━━━━━ DATA TO PROCESS ━━━━━

-- ===== src/Engine/Receive.antt =====
-- Decryption of backend/crypto_engine/__init__.py: `decrypt_email` and `decrypt_attachment`. The audit
-- lines are left out.
use qu_mail.Result.{err, value_error}
use qu_mail.Prelude.{take_text, ℕ, String, Option, some, if◌then◌else◌, Bytes, ◌==◌, [], none}
use qu_mail.Engine.Action.{Action, ◌>>=◌, pure, lift}
use qu_mail.Engine.Envelope.{Fields, no_fields, get_or, decoded_member, open_bytes}
use qu_mail.Engine.Services.{Library, Services}
use qu_mail.Engine.Decrypt.{
  Email, Decrypted, or_text, actual_id, decrypt_otp, decrypt_aes, decrypt_pqc, open_aes, open_pqc,
}
use qu_mail.Engine.Encrypt.{attachment_context}
use qu_mail.Crypto.Otp.{otp_decrypt}
use qu_mail.Crypto.Integrity.{compute_hash, verify_integrity_envelope}

module _ (lib : Library) {S : Type 0} (sv : Services S) where
  unfoldable pub decrypt_body : ℕ → String → Option String → Option String → Action S String
  decrypt_body security_level encrypted_body key_id sender =
      if security_level == 1
      then decrypt_otp lib sv encrypted_body key_id
      else if security_level == 2
      then decrypt_aes lib sv encrypted_body key_id
      else if security_level == 3
      then decrypt_pqc lib sv encrypted_body key_id sender
      else lift (err value_error)

  -- What is returned of a plaintext: an envelope that is empty or missing counts as verified.
  unfoldable pub checked : Fields → String → Decrypted
  checked metadata plaintext = record {
    body = plaintext;
    preview = some (take_text 200 plaintext);
    integrity_verified = some (
        verify_integrity_envelope lib.sha (lib.codecs.utf8_encode plaintext)
          (get_or [] metadata.integrity));
    decrypted_hash = some (compute_hash lib.sha (lib.codecs.utf8_encode plaintext));
  }

  unfoldable pub decrypt_email : Email → Action S Decrypted
  decrypt_email email =
      let security_level = get_or 4 email.security_level in
      if security_level == 4
      then pure (record {
        body = get_or "" email.body;
        preview = none;
        integrity_verified = none;
        decrypted_hash = none;
      })
      else (decrypt_body security_level (or_text email.encrypted_body (get_or "" email.body))
            email.key_id email.sender
          >>= λ plaintext. pure (checked (get_or no_fields email.encryption_metadata) plaintext))

  -- The envelope of an attachment, with its level and the key that it names.
  unfoldable pub open_attachment : Bytes → Fields → Option String → ℕ → Action S Bytes
  open_attachment content envelope key_id att_level =
      if att_level == 1
      then (lift (decoded_member lib.codecs envelope.ciphertext) >>= λ ciphertext.
          sv.get_key (actual_id envelope key_id) >>= λ key_response.
          lift (otp_decrypt ciphertext key_response.key_material))
      else if att_level == 2
      then open_aes lib sv attachment_context envelope key_id
      else if att_level == 3
      then open_pqc lib sv envelope key_id
      else pure content

  -- Content that is no envelope is returned as it is.
  unfoldable pub decrypt_attachment : Bytes → Option String → ℕ → Action S Bytes
  decrypt_attachment content key_id security_level =
      if security_level == 4 then pure content else elim (open_bytes lib.codecs content) [
        | none ↦ pure content
        | some envelope ↦
            open_attachment content envelope key_id (get_or security_level envelope.security_level)
      ]
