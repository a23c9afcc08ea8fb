-- ===== src/Engine/Send.antt =====
-- Encryption of backend/crypto_engine/__init__.py: attachments, and `encrypt_email`. The audit lines are
-- left out.
use qu_mail.Result.{err, value_error}
use qu_mail.Prelude.{ℕ, String, List, Bytes, ◌∷◌, if◌then◌else◌, length, ◌==◌, some, none, [], ◌++◌}
use qu_mail.Engine.Action.{Action, ◌>>=◌, pure, lift}
use qu_mail.Engine.Envelope.{no_fields, encoded, seal_bytes}
use qu_mail.Engine.Services.{Library, Services}
use qu_mail.Engine.Encrypt.{
  Attachment, Encrypted, first, public_key_of, attachment_context, hybrid_context, seal, wrap_key,
  encrypt_otp, encrypt_aes, encrypt_pqc,
}
use qu_mail.Crypto.Otp.{otp_encrypt}
use qu_mail.Crypto.KeyDerivation.{derive_key}
use qu_mail.Crypto.Integrity.{compute_hash, create_integrity_envelope}

module _ (lib : Library) {S : Type 0} (sv : Services S) where
  -- `_encrypt_attachment`, level by level.
  unfoldable pub attach_otp : Bytes → List String → Action S Bytes
  attach_otp content recipients = lift (first recipients) >>= λ recipient.
      sv.request_key recipient (length content) "otp" >>= λ key_response.
      lift (otp_encrypt content key_response.key_material) >>= λ ciphertext. pure (
        seal_bytes lib.codecs (record no_fields {
          version = some "1.0";
          security_level = some 1;
          key_id = some key_response.key_id;
          ciphertext = encoded lib.codecs ciphertext;
        }))

  unfoldable pub attach_aes : Bytes → List String → Action S Bytes
  attach_aes content recipients = lift (first recipients) >>= λ recipient.
      sv.request_key recipient 32 "aes_seed" >>= λ key_response.
      lift (derive_key lib.hkdf key_response.key_material attachment_context 32 []) >>= λ aes_key.
      seal lib sv content aes_key >>= λ sealed. pure (
        seal_bytes lib.codecs (record no_fields {
          version = some "1.0";
          security_level = some 2;
          key_id = some key_response.key_id;
          nonce = encoded lib.codecs sealed.1;
          tag = encoded lib.codecs sealed.2;
          ciphertext = encoded lib.codecs sealed.0;
        }))

  unfoldable pub attach_pqc : Bytes → List String → Action S Bytes
  attach_pqc content recipients = lift (first recipients) >>= λ r.
      sv.get_known_recipient r >>= λ recipient. sv.get_public_key "pqc" >>= λ sender_pub_key.
      sv.pqc_encrypt (public_key_of recipient) >>= λ sent.
      sv.request_key r 32 "aes_seed" >>= λ key_response.
      lift (derive_key lib.hkdf (sent.1 ++ key_response.key_material) hybrid_context 32 [])
      >>= λ combined_key. seal lib sv content combined_key >>= λ sealed.
          wrap_key lib sv sender_pub_key combined_key (record no_fields {
            version = some "1.0";
            security_level = some 3;
            key_id = some key_response.key_id;
            encapsulated_key = encoded lib.codecs sent.0;
            nonce = encoded lib.codecs sealed.1;
            tag = encoded lib.codecs sealed.2;
            ciphertext = encoded lib.codecs sealed.0;
          })
          >>= λ envelope. pure (seal_bytes lib.codecs envelope)

  unfoldable pub encrypt_attachment : Bytes → ℕ → List String → Action S Bytes
  encrypt_attachment content security_level recipients =
      if security_level == 1
      then attach_otp content recipients
      else if security_level == 2
      then attach_aes content recipients
      else if security_level == 3
      then attach_pqc content recipients
      else pure content

  unfoldable pub encrypt_attachments :
      List Attachment → ℕ → List String → Action S (List Attachment)
  encrypt_attachments [] security_level recipients = pure []
  encrypt_attachments (a ∷ more) security_level recipients =
      encrypt_attachment a.content security_level recipients >>= λ content.
      encrypt_attachments more security_level recipients >>= λ rest.
      pure (record { filename = a.filename; content = content } ∷ rest)

  unfoldable pub encrypt_body : String → ℕ → List String → Action S Encrypted
  encrypt_body body security_level recipients =
      if security_level == 1
      then encrypt_otp lib sv body recipients
      else if security_level == 2
      then encrypt_aes lib sv body recipients
      else if security_level == 3
      then encrypt_pqc lib sv body recipients
      else lift (err value_error)

  -- `if attachments: …`
  unfoldable pub add_attachments :
      List Attachment → ℕ → List String → Encrypted → Action S Encrypted
  add_attachments [] security_level recipients result = pure result
  add_attachments (a ∷ more) security_level recipients result =
      encrypt_attachments (a ∷ more) security_level recipients >>= λ encrypted.
      pure (record result { attachments = some encrypted })

  unfoldable pub encrypt_email : String → ℕ → List String → List Attachment → Action S Encrypted
  encrypt_email body security_level recipients attachments =
      if security_level == 4
      then pure (record {
        ciphertext = body;
        key_id = none;
        metadata = record no_fields { security_level = some 4 };
        attachments = none;
      })
      else (let body_bytes = lib.codecs.utf8_encode body in
          encrypt_body body security_level recipients >>= λ result.
          add_attachments attachments security_level recipients (record result {
            metadata = record result.metadata {
              integrity = some (create_integrity_envelope lib.sha body_bytes);
              plaintext_hash = some (compute_hash lib.sha body_bytes);
            };
          }))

━━━━━

* [TASK GOAL] Please go through the data above and copy each line containing the word "backend".

* [RESULT OF THE TASK]
-- Decryption of backend/crypto_engine/__init__.py: `decrypt_email` and `decrypt_attachment`. The audit
-- Encryption of backend/crypto_engine/__init__.py: attachments, and `encrypt_email`. The audit lines are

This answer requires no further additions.